- ASSIGNMENT: Go line by line through the data below, counting each one that has "contents", and give the final count only.

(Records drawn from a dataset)
* * *

-- ===== src/FileSystem/Mounted.antt =====
-- A mounted disk: its two files hold a directory and a map of the free sectors, and the map counts
-- the sectors of both as used.
use nachos_3_4_lab.Prelude.{
  ℕ, ◌*◌, ◌/◌, ◌%◌, ◌≤◌, ◌<◌, ◌≡◌, ◌≢◌, ◌∙◌, refl, sym, ap, List, Bool, true, false, ◌||◌, ◌==◌,
  length, get_or, arith,
}
use nachos_3_4_lab.Prelude.Outcome.{ok}
use nachos_3_4_lab.BitMap.{BitMap, div_round_up}
use nachos_3_4_lab.BitMap.Laws.{IsValid, bit}
use nachos_3_4_lab.BitMap.Find.{init-clear}
use nachos_3_4_lab.Directory
use nachos_3_4_lab.Directory.{Directory}
use nachos_3_4_lab.Directory.Unique.{IsUnique}
use nachos_3_4_lab.Disk.{Disk, ints_bytes}
use nachos_3_4_lab.FileHeader.{FileHeader}
use nachos_3_4_lab.FileHeader.Stored.{AreInts}
use nachos_3_4_lab.FileHeader.Slice.{in_slice, Distinct}
use nachos_3_4_lab.OpenFile.{OpenFile}
use nachos_3_4_lab.OpenFile.Contents.{IsDirect, Formatted, sector_at, contents}
use nachos_3_4_lab.Storage.{table_bytes}
use nachos_3_4_lab.Storage.RoundTrip.{BeginsWith}
use nachos_3_4_lab.Storage.Codec.{
  AreEntries, IsStorable, fetch_map-BeginsWith, fetch_table-BeginsWith,
}
use nachos_3_4_lab.FileSystem.{Host, FileSystem, load_directory, load_map}

-- No sector of the file.
abbrev pub Outside : FileHeader → ℕ → Type 0
Outside hdr k = (j : ℕ) → j * 128 < hdr.num_bytes → k ≢ sector_at hdr j

-- What new objects hold has the sizes that the code asks for; the directory has `n` entries.
pub record IsHost (n : ℕ) (h : Host) : Type 0 where
  pub sizes : (k : ℕ) → length (h.fresh k) ≡ k
  pub words : length h.fresh_words ≡ 32
  pub words_ints : AreInts h.fresh_words
  pub entries : AreEntries (Directory.init h.fresh_table).table
  pub num_entries : length (Directory.init h.fresh_table).table ≡ n
  pub update_size : length h.fresh_header.update_time ≡ 20
  pub access_size : length h.fresh_header.access_time ≡ 20
  pub header_entries : length h.fresh_header.data_sectors ≡ 15
  pub header_ints : AreInts h.fresh_header.data_sectors
  pub now_size : length h.now ≡ 20

-- The two files, with room for a directory of `n` entries and a map of 1024 bits.
pub record Layout (n : ℕ) (fs : FileSystem) : Type 0 where
  pub map_direct : IsDirect fs.free_map_file.hdr
  pub dir_direct : IsDirect fs.directory_file.hdr
  pub map_room : 128 ≤ fs.free_map_file.hdr.num_bytes
  pub dir_room : n * 20 ≤ fs.directory_file.hdr.num_bytes
  pub apart :
      (i : ℕ)
      → i * 128 < fs.free_map_file.hdr.num_bytes
      → Outside fs.directory_file.hdr (sector_at fs.free_map_file.hdr i)

-- A map of all sectors that counts those of both files as used.
pub record MapsDisk (fs : FileSystem) (m : BitMap) : Type 0 where
  pub valid : IsValid m
  pub bits : m.num_bits ≡ 1024
  pub ints : AreInts m.words
  pub map_used :
      (i : ℕ)
      → i * 128 < fs.free_map_file.hdr.num_bytes
      → bit m (sector_at fs.free_map_file.hdr i) ≡ true
  pub dir_used :
      (i : ℕ)
      → i * 128 < fs.directory_file.hdr.num_bytes
      → bit m (sector_at fs.directory_file.hdr i) ≡ true

pub record Mounted (n : ℕ) (fs : FileSystem) (dir : Directory) (m : BitMap) (d : Disk)
    : Type 0 where
  pub layout : Layout n fs
  pub formatted : Formatted d
  pub entries : AreEntries dir.table
  pub num_entries : length dir.table ≡ n
  pub unique : IsUnique dir
  pub maps : MapsDisk fs m
  pub dir_held : BeginsWith fs.directory_file.hdr d (table_bytes dir.table)
  pub map_held : BeginsWith fs.free_map_file.hdr d (ints_bytes m.words)

pub MapsDisk-IsStorable : {fs : FileSystem} {m : BitMap} → MapsDisk fs m → IsStorable m
MapsDisk-IsStorable w = record { size = w.valid.stored; ints = w.ints }

pub MapsDisk-num_words : {fs : FileSystem} {m : BitMap} → MapsDisk fs m → m.num_words ≡ 32
MapsDisk-num_words {m = m} w = w.valid.words_up ∙ ap (λ k. div_round_up k 32) w.bits

another : (m : BitMap) (k s : ℕ) → bit m k ≡ false → bit m s ≡ true → k ≢ s
another m k s free used e = let same : bit m k ≡ bit m s = ap (bit m) e in cc

-- The map has another sector for what it counts as free.
pub free-Outside :
    {fs : FileSystem} {m : BitMap} (k : ℕ)
    → MapsDisk fs m
    → bit m k ≡ false
    → Outside fs.free_map_file.hdr k × Outside fs.directory_file.hdr k
free-Outside {fs} {m} k w free = (
  λ j used e. another m k (sector_at fs.free_map_file.hdr j) free (w.map_used j used) e,
  λ j used e. another m k (sector_at fs.directory_file.hdr j) free (w.dir_used j used) e,
)

-- Whether the header or the data of the file is in the sector.
abbrev pub has_sector : OpenFile → ℕ → Bool
has_sector f k = k == f.hdr_sector || in_slice f.hdr.data_sectors 0 f.hdr.num_sectors k

-- A file whose header and data are in sectors of its own, at most fourteen of them data, all counted
-- as used and none of them of the two files.
pub record Owned (fs : FileSystem) (m : BitMap) (f : OpenFile) : Type 0 where
  pub few : f.hdr.num_sectors ≤ 14
  pub listed : length f.hdr.data_sectors ≡ 15
  pub distinct : Distinct f.hdr.data_sectors 0 f.hdr.num_sectors
  pub in_range : (j : ℕ) → j < f.hdr.num_sectors → sector_at f.hdr j < 1024
  pub used : (j : ℕ) → j < f.hdr.num_sectors → bit m (sector_at f.hdr j) ≡ true
  pub off_map : (j : ℕ) → j < f.hdr.num_sectors → Outside fs.free_map_file.hdr (sector_at f.hdr j)
  pub off_dir : (j : ℕ) → j < f.hdr.num_sectors → Outside fs.directory_file.hdr (sector_at f.hdr j)
  pub apart : (j : ℕ) → j < f.hdr.num_sectors → f.hdr_sector ≢ sector_at f.hdr j
  pub header_in_range : f.hdr_sector < 1024
  pub header_used : bit m f.hdr_sector ≡ true
  pub header_off_map : Outside fs.free_map_file.hdr f.hdr_sector
  pub header_off_dir : Outside fs.directory_file.hdr f.hdr_sector

-- What a file begins with depends on its own sectors only.
pub BeginsWith-frame :
    {hdr : FileHeader} {d : Disk} {bytes : List ℕ} (d' : Disk)
    → ((j : ℕ) → j * 128 < hdr.num_bytes → d' (sector_at hdr j) ≡ d (sector_at hdr j))
    → BeginsWith hdr d bytes
    → BeginsWith hdr d' bytes
unfolding contents
BeginsWith-frame {hdr} {d} d' same w = record {
  fits = w.fits;
  each =
      λ p lt. ap (λ s. get_or s (p % 128) 0) (same (p / 128) (omega (arith, w.fits))) ∙ w.each p lt;
}

same_map :
    (a b : ℕ) {k : ℕ} {e : ℕ} {ws : List ℕ}
    → a ≡ k
    → b ≡ e
    → Path BitMap
        (record { num_bits = a; num_words = b; words = ws })
        (record { num_bits = k; num_words = e; words = ws })
same_map a b p q = rw (p, q) refl

module _ {n : ℕ} {h : Host} {fs : FileSystem} {dir : Directory} {m : BitMap} {d : Disk}
    (host : IsHost n h) (w : Mounted n fs dir m d) where
  pub load_directory-Mounted : load_directory h fs d ≡ ok dir
  unfolding load_directory
  load_directory-Mounted =
      fetch_table-BeginsWith h.fresh host.sizes fs.directory_file d w.layout.dir_direct w.formatted
        (Directory.init h.fresh_table) dir w.entries host.entries
        (host.num_entries ∙ sym w.num_entries) w.dir_held

  pub load_map-Mounted : load_map h fs d ≡ ok m
  unfolding load_map
  load_map-Mounted =
      let (m₀, runs, v, bits, _) = init-clear 1024 h.fresh_words host.words in
      let words₀ : m₀.num_words ≡ 32 = v.words_up ∙ ap (λ k. div_round_up k 32) bits in
      let words : m.num_words ≡ 32 = MapsDisk-num_words w.maps in
      rw (runs) (
        fetch_map-BeginsWith h.fresh host.sizes fs.free_map_file d w.layout.map_direct w.formatted
          m₀ m (MapsDisk-IsStorable w.maps) (words₀ ∙ sym words)
          (omega (arith, v.stored, words₀, words)) w.map_held
        ∙ ap ok (same_map m₀.num_bits m₀.num_words (bits ∙ sym w.maps.bits) (words₀ ∙ sym words)))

* * *

- ANSWER TO THE PROBLEM: 2